What this task involves —
Extract the full set of records that follows, word for word.

################

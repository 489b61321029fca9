-- ===== src/Stellar/Network/Laws.antt =====
-- What prepared transfers and withdrawals hold (packages/stellar/src/adapters/transfer-prepare.ts,
-- network.ts).
use privacy_layer_confidenti.Base.{
  ◌≡◌, sym, ap, ◌∙◌, if◌then◌else◌, String, Option, some, List, arith,
}
use privacy_layer_confidenti.Js.Text.{trim}
use privacy_layer_confidenti.Core.Errors.{withdraw}
use privacy_layer_confidenti.Core.Operations.{answered}
use privacy_layer_confidenti.Stellar.Int.{ℤ, ◌-ℤ◌, ◌≤ℤ◌}
use privacy_layer_confidenti.Stellar.Effects.{
  lift, answered_inj, Ensures, Ensures-bind, Ensures-done,
}
use privacy_layer_confidenti.Stellar.Records.{PrivateRecord, StellarIntent}
use privacy_layer_confidenti.Stellar.Selection.{select_private_records, sum_record_amounts}
use privacy_layer_confidenti.Stellar.Selection.Selected.{IsSpend, select_private_records-IsSpend}
use privacy_layer_confidenti.Stellar.Outputs.Laws.{
  total_amount, total_amount-build_transfer, total_amount-build_withdraw, le-spend_amount,
}
use privacy_layer_confidenti.Stellar.Prepared.{StellarPreparedOperation}
use privacy_layer_confidenti.Stellar.Network.{
  NetworkDeps, transfer_draft, operation_draft, resolve_private_address_spend, is_public,
  resolve_prepare_consumed_records, prepare_wallet_public_key,
}

module _ {W : Type 0} (deps : NetworkDeps W) (intent : StellarIntent) where
  abbrev pub Spends : List PrivateRecord → Type 0
  Spends = IsSpend deps.locale_compare deps.storage.list_private_records intent

  selected :
      (key : Option String)
      → Ensures Spends (
          select_private_records deps.locale_compare deps.storage.list_private_records intent key
            deps.check_nullifier_spent)
  selected key =
      select_private_records-IsSpend deps.locale_compare deps.storage.list_private_records intent
        key deps.check_nullifier_spent

  resolved : Ensures Spends (resolve_private_address_spend intent deps)
  unfolding resolve_private_address_spend
  resolved = Ensures-bind Spends deps.wallet.get_address _ λ _ address _.
      Ensures-bind Spends _ _ λ w consumed found.
        Ensures-bind Spends _ _
          λ _ _ _. Ensures-done Spends consumed (selected (some (trim address)) w consumed found)

  -- The draft of a transfer spends what it consumes, and its outputs are worth as much.
  abbrev pub IsTransferDraft : StellarPreparedOperation → Type 0
  IsTransferDraft p =
      Spends p.consumed_records
      × (sum_record_amounts p.consumed_records ≡ answered (total_amount p.output_records))

  le-total :
      (consumed : List PrivateRecord) (total : ℤ)
      → Spends consumed
      → sum_record_amounts consumed ≡ answered total
      → intent.amount ≤ℤ total
  le-total consumed total s sum =
      let same : s.cover.total ≡ total = answered_inj (sym s.cover.total_lem ∙ sum) in
      rw (← same) (omega (arith, s.cover.covers, le-spend_amount intent.amount))

  transfer_ensures : Ensures IsTransferDraft (transfer_draft intent deps)
  unfolding transfer_draft
  transfer_ensures =
      Ensures-bind IsTransferDraft (resolve_private_address_spend intent deps) _ λ w consumed found.
        Ensures-bind IsTransferDraft deps.wallet.get_address _ λ _ address _.
          Ensures-bind IsTransferDraft (lift (sum_record_amounts consumed)) _ λ _ total sum.
            Ensures-bind IsTransferDraft deps.random_uuid _ λ _ uuid _.
              let spends = resolved w consumed found in
              Ensures-done IsTransferDraft _ (
                spends,
                sum
                    ∙ ap answered (
                        sym (
                          total_amount-build_transfer intent total (trim address)
                            (le-total consumed total spends sum))),
              )

  -- A withdrawal's outputs are worth as much if its recipient is private; otherwise its amount less.
  abbrev pub IsWithdrawDraft : StellarPreparedOperation → Type 0
  IsWithdrawDraft p =
      Spends p.consumed_records
      × (total : ℤ) × (sum_record_amounts p.consumed_records ≡ answered total)
      × (total_amount p.output_records ≡ (
          if is_public intent.disclosure.recipient_address then total -ℤ intent.amount else total))

  consumed_of_withdraw : Ensures Spends (resolve_prepare_consumed_records withdraw intent deps)
  consumed_of_withdraw =
      Ensures-bind Spends deps.wallet.get_address _ λ _ address _. selected (some (trim address))

  withdraw_ensures : Ensures IsWithdrawDraft (operation_draft withdraw intent deps)
  unfolding operation_draft
  withdraw_ensures =
      Ensures-bind IsWithdrawDraft (resolve_prepare_consumed_records withdraw intent deps) _
        λ w consumed found.
          Ensures-bind IsWithdrawDraft (prepare_wallet_public_key withdraw intent deps) _ λ _ key _.
            Ensures-bind IsWithdrawDraft (lift (sum_record_amounts consumed)) _ λ _ total sum.
              Ensures-bind IsWithdrawDraft deps.random_uuid _ λ _ uuid _.
                let spends = consumed_of_withdraw w consumed found in
                Ensures-done IsWithdrawDraft _ (
                  spends,
                  total,
                  sum,
                  total_amount-build_withdraw intent.from intent.to intent.asset intent.amount total
                      (is_public intent.disclosure.recipient_address) key
                      (le-total consumed total spends sum),
                )

  -- A transfer that is prepared as far as the engine consumes one or two records that storage listed
  -- as not consumed, which are worth its amount and the protocol's fee, and the records that it
  -- creates are worth together what the consumed ones are.
  pub transfer_draft-IsTransferDraft :
      (w : W) (p : StellarPreparedOperation)
      → (transfer_draft intent deps w).0 ≡ answered p
      → IsTransferDraft p
  transfer_draft-IsTransferDraft w p h = transfer_ensures w p h

  -- A withdrawal that is prepared as far as the engine consumes one or two records that storage listed
  -- as not consumed, which are worth its amount and the protocol's fee; the records that it creates
  -- are worth what the consumed ones are, less the amount where the recipient is disclosed.
  pub operation_draft-IsWithdrawDraft :
      (w : W) (p : StellarPreparedOperation)
      → (operation_draft withdraw intent deps w).0 ≡ answered p
      → IsWithdrawDraft p
  operation_draft-IsWithdrawDraft w p h = withdraw_ensures w p h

################

Exercise output —
repository 489b61321029fca9
-- ===== src/Stellar/Network/Laws.antt =====
-- What prepared transfers and withdrawals hold (packages/stellar/src/adapters/transfer-prepare.ts,
-- network.ts).
use privacy_layer_confidenti.Base.{
  ◌≡◌, sym, ap, ◌∙◌, if◌then◌else◌, String, Option, some, List, arith,
}
use privacy_layer_confidenti.Js.Text.{trim}
use privacy_layer_confidenti.Core.Errors.{withdraw}
use privacy_layer_confidenti.Core.Operations.{answered}
use privacy_layer_confidenti.Stellar.Int.{ℤ, ◌-ℤ◌, ◌≤ℤ◌}
use privacy_layer_confidenti.Stellar.Effects.{
  lift, answered_inj, Ensures, Ensures-bind, Ensures-done,
}
use privacy_layer_confidenti.Stellar.Records.{PrivateRecord, StellarIntent}
use privacy_layer_confidenti.Stellar.Selection.{select_private_records, sum_record_amounts}
use privacy_layer_confidenti.Stellar.Selection.Selected.{IsSpend, select_private_records-IsSpend}
use privacy_layer_confidenti.Stellar.Outputs.Laws.{
  total_amount, total_amount-build_transfer, total_amount-build_withdraw, le-spend_amount,
}
use privacy_layer_confidenti.Stellar.Prepared.{StellarPreparedOperation}
use privacy_layer_confidenti.Stellar.Network.{
  NetworkDeps, transfer_draft, operation_draft, resolve_private_address_spend, is_public,
  resolve_prepare_consumed_records, prepare_wallet_public_key,
}

module _ {W : Type 0} (deps : NetworkDeps W) (intent : StellarIntent) where
  abbrev pub Spends : List PrivateRecord → Type 0
  Spends = IsSpend deps.locale_compare deps.storage.list_private_records intent

  selected :
      (key : Option String)
      → Ensures Spends (
          select_private_records deps.locale_compare deps.storage.list_private_records intent key
            deps.check_nullifier_spent)
  selected key =
      select_private_records-IsSpend deps.locale_compare deps.storage.list_private_records intent
        key deps.check_nullifier_spent

  resolved : Ensures Spends (resolve_private_address_spend intent deps)
  unfolding resolve_private_address_spend
  resolved = Ensures-bind Spends deps.wallet.get_address _ λ _ address _.
      Ensures-bind Spends _ _ λ w consumed found.
        Ensures-bind Spends _ _
          λ _ _ _. Ensures-done Spends consumed (selected (some (trim address)) w consumed found)

  -- The draft of a transfer spends what it consumes, and its outputs are worth as much.
  abbrev pub IsTransferDraft : StellarPreparedOperation → Type 0
  IsTransferDraft p =
      Spends p.consumed_records
      × (sum_record_amounts p.consumed_records ≡ answered (total_amount p.output_records))

  le-total :
      (consumed : List PrivateRecord) (total : ℤ)
      → Spends consumed
      → sum_record_amounts consumed ≡ answered total
      → intent.amount ≤ℤ total
  le-total consumed total s sum =
      let same : s.cover.total ≡ total = answered_inj (sym s.cover.total_lem ∙ sum) in
      rw (← same) (omega (arith, s.cover.covers, le-spend_amount intent.amount))

  transfer_ensures : Ensures IsTransferDraft (transfer_draft intent deps)
  unfolding transfer_draft
  transfer_ensures =
      Ensures-bind IsTransferDraft (resolve_private_address_spend intent deps) _ λ w consumed found.
        Ensures-bind IsTransferDraft deps.wallet.get_address _ λ _ address _.
          Ensures-bind IsTransferDraft (lift (sum_record_amounts consumed)) _ λ _ total sum.
            Ensures-bind IsTransferDraft deps.random_uuid _ λ _ uuid _.
              let spends = resolved w consumed found in
              Ensures-done IsTransferDraft _ (
                spends,
                sum
                    ∙ ap answered (
                        sym (
                          total_amount-build_transfer intent total (trim address)
                            (le-total consumed total spends sum))),
              )

  -- A withdrawal's outputs are worth as much if its recipient is private; otherwise its amount less.
  abbrev pub IsWithdrawDraft : StellarPreparedOperation → Type 0
  IsWithdrawDraft p =
      Spends p.consumed_records
      × (total : ℤ) × (sum_record_amounts p.consumed_records ≡ answered total)
      × (total_amount p.output_records ≡ (
          if is_public intent.disclosure.recipient_address then total -ℤ intent.amount else total))

  consumed_of_withdraw : Ensures Spends (resolve_prepare_consumed_records withdraw intent deps)
  consumed_of_withdraw =
      Ensures-bind Spends deps.wallet.get_address _ λ _ address _. selected (some (trim address))

  withdraw_ensures : Ensures IsWithdrawDraft (operation_draft withdraw intent deps)
  unfolding operation_draft
  withdraw_ensures =
      Ensures-bind IsWithdrawDraft (resolve_prepare_consumed_records withdraw intent deps) _
        λ w consumed found.
          Ensures-bind IsWithdrawDraft (prepare_wallet_public_key withdraw intent deps) _ λ _ key _.
            Ensures-bind IsWithdrawDraft (lift (sum_record_amounts consumed)) _ λ _ total sum.
              Ensures-bind IsWithdrawDraft deps.random_uuid _ λ _ uuid _.
                let spends = consumed_of_withdraw w consumed found in
                Ensures-done IsWithdrawDraft _ (
                  spends,
                  total,
                  sum,
                  total_amount-build_withdraw intent.from intent.to intent.asset intent.amount total
                      (is_public intent.disclosure.recipient_address) key
                      (le-total consumed total spends sum),
                )

  -- A transfer that is prepared as far as the engine consumes one or two records that storage listed
  -- as not consumed, which are worth its amount and the protocol's fee, and the records that it
  -- creates are worth together what the consumed ones are.
  pub transfer_draft-IsTransferDraft :
      (w : W) (p : StellarPreparedOperation)
      → (transfer_draft intent deps w).0 ≡ answered p
      → IsTransferDraft p
  transfer_draft-IsTransferDraft w p h = transfer_ensures w p h

  -- A withdrawal that is prepared as far as the engine consumes one or two records that storage listed
  -- as not consumed, which are worth its amount and the protocol's fee; the records that it creates
  -- are worth what the consumed ones are, less the amount where the recipient is disclosed.
  pub operation_draft-IsWithdrawDraft :
      (w : W) (p : StellarPreparedOperation)
      → (operation_draft withdraw intent deps w).0 ≡ answered p
      → IsWithdrawDraft p
  operation_draft-IsWithdrawDraft w p h = withdraw_ensures w p h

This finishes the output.